# [WHAT IS BEING ASKED]
Select and reproduce each line of the listing below that bears the string "board".

::::

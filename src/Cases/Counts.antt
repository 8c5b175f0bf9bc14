-- ===== src/Cases/Counts.antt =====
-- `getCaseCounts` of backend/src/modules/cases/cases.service.js: how many cases each column of the
-- board has.
use transactguard.Prelude.{
  ℕ, ◌+◌, ◌≡◌, refl, sym, ◌∙◌, ap, arith, Bool, not, ◌&&◌, Option, none, some, List, [], ◌∷◌, ltb,
  map, if◌then◌else◌, length, filter, elem-filter, nodup-filter, length-eq_of_same, Table, matches,
}
use transactguard.Schema.{
  Database, World, Case, CaseStatus, under_review, confirmed_fraud, false_positive,
}
use transactguard.Predictions.{is_live}
use transactguard.Cases.{same_status}
use transactguard.Listing.{count}

-- A row of `groupBy`.
pub record Group : Type 0 where
  pub status : CaseStatus
  pub number : ℕ

pub record CaseCounts : Type 0 where
  pub under_review : ℕ
  pub confirmed_fraud : ℕ
  pub false_positive : ℕ
  pub total : ℕ

-- `counts[row.status] = row._count._all`, over zeros.
abbrev pub entry : CaseStatus → List Group → ℕ
entry s [] = 0
entry s (g ∷ groups) = if same_status g.status s then g.number else entry s groups

module _ (D : Database) where
  -- `where: { transaction: { deletedAt: null } }`
  abbrev of_live : World D → ℕ → Case → Bool
  of_live w id c =
      matches (λ k t. is_live t) c.transaction_id
        (D.transactions.find c.transaction_id w.transactions)

  abbrev of_status : World D → CaseStatus → ℕ → Case → Bool
  of_status w s id c = of_live w id c && same_status c.status s

  abbrev group_of : World D → CaseStatus → Group
  group_of w s = record { status = s; number = count D.cases (of_status w s) w.cases }

  -- The groups that have a case.
  abbrev pub groups : World D → List Group
  groups w =
      filter (λ g. ltb 0 g.number)
        (map (group_of w) (under_review ∷ confirmed_fraud ∷ false_positive ∷ []))

  get_case_counts : World D → CaseCounts
  get_case_counts w =
      let u = entry under_review (groups w) in
      let c = entry confirmed_fraud (groups w) in
      let f = entry false_positive (groups w) in
      record { under_review = u; confirmed_fraud = c; false_positive = f; total = u + c + f }

  -- An empty group leaves its zero.
  entry-groups :
      (w : World D) (s : CaseStatus) → entry s (groups w) ≡ count D.cases (of_status w s) w.cases
  entry-groups w under_review = ground arith
  entry-groups w confirmed_fraud = ground arith
  entry-groups w false_positive = ground arith

filter_split :
    (f : ℕ → Bool) (xs : List ℕ)
    → length xs ≡ length (filter f xs) + length (filter (λ x. not (f x)) xs)
filter_split f [] = omega arith
filter_split f (x ∷ xs) = ground (arith, filter_split f xs)

module _ {R : Type 0} (T : Table R) (s : T.State) where
  -- A count depends only on which rows pass.
  count-same :
      (p q : ℕ → R → Bool) → ((id : ℕ) (r : R) → p id r ≡ q id r) → count T p s ≡ count T q s
  count-same p q h =
      length-eq_of_same (T.find_ids p s) (T.find_ids q s) (T.nodup-find_ids p s)
        (T.nodup-find_ids q s)
        (λ a. T.elem-find_ids p s a ∙ same_matches a (T.find a s) ∙ sym (T.elem-find_ids q s a))
    where
      same_matches : (a : ℕ) (o : Option R) → matches p a o ≡ matches q a o
      same_matches a none = refl
      same_matches a (some r) = h a r

  count-filter :
      (p pq : ℕ → R → Bool) (f : ℕ → Bool)
      → ((a : ℕ) → matches pq a (T.find a s) ≡ (f a && matches p a (T.find a s)))
      → count T pq s ≡ length (filter f (T.find_ids p s))
  count-filter p pq f h =
      length-eq_of_same (T.find_ids pq s) (filter f (T.find_ids p s)) (T.nodup-find_ids pq s)
        (nodup-filter f (T.find_ids p s) (T.nodup-find_ids p s))
        (λ a.
          T.elem-find_ids pq s a
          ∙ h a
          ∙ ap (λ b. f a && b) (sym (T.elem-find_ids p s a))
          ∙ sym (elem-filter f a (T.find_ids p s)))

  -- The rows that pass one test pass another as well, or not.
  count_split :
      (p q : ℕ → R → Bool)
      → count T p s
        ≡ count T (λ id r. p id r && q id r) s + count T (λ id r. p id r && not (q id r)) s
  count_split p q =
      let f : ℕ → Bool = λ a. matches q a (T.find a s) in
      let yes = count-filter p (λ id r. p id r && q id r) f (λ a. yes_at a (T.find a s)) in
      let no' =
        count-filter p (λ id r. p id r && not (q id r)) (λ a. not (f a))
          (λ a. no_at a (T.find a s)) in
      omega (arith, filter_split f (T.find_ids p s), yes, no')
    where
      yes_at :
          (a : ℕ) (o : Option R)
          → matches (λ id r. p id r && q id r) a o ≡ (matches q a o && matches p a o)
      yes_at a none = refl
      yes_at a (some r) = ground arith

      no_at :
          (a : ℕ) (o : Option R)
          → matches (λ id r. p id r && not (q id r)) a o ≡ (not (matches q a o) && matches p a o)
      no_at a none = refl
      no_at a (some r) = ground arith

-- The columns of the board hold every case of a live transaction, each once: the total is their
-- number, and a column has the cases with its status.
get_case_counts_total :
    (D : Database) (w : World D)
    → ((get_case_counts D w).total ≡ count D.cases (of_live D w) w.cases)
      × ((get_case_counts D w).under_review ≡ count D.cases (of_status D w under_review) w.cases)
      × ((get_case_counts D w).confirmed_fraud
          ≡ count D.cases (of_status D w confirmed_fraud) w.cases)
      × ((get_case_counts D w).false_positive
          ≡ count D.cases (of_status D w false_positive) w.cases)
unfolding get_case_counts
get_case_counts_total D w =
    let p = of_live D w in
    let is : CaseStatus → ℕ → Case → Bool = λ s id c. same_status c.status s in
    let rest : ℕ → Case → Bool = λ id c. p id c && not (is under_review id c) in
    let one = count_split D.cases w.cases p (is under_review) in
    let two = count_split D.cases w.cases rest (is confirmed_fraud) in
    let fraud =
      count-same D.cases w.cases (λ id c. rest id c && is confirmed_fraud id c)
        (of_status D w confirmed_fraud) (λ id c. ground arith) in
    let false' =
      count-same D.cases w.cases (λ id c. rest id c && not (is confirmed_fraud id c))
        (of_status D w false_positive) (λ id c. ground arith) in
    let u = entry-groups D w under_review in
    let c = entry-groups D w confirmed_fraud in
    let f = entry-groups D w false_positive in
    (omega (arith, one, two, fraud, false', u, c, f), u, c, f)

::::

# [YOUR RESPONSE]
-- board has.
-- The columns of the board hold every case of a live transaction, each once: the total is their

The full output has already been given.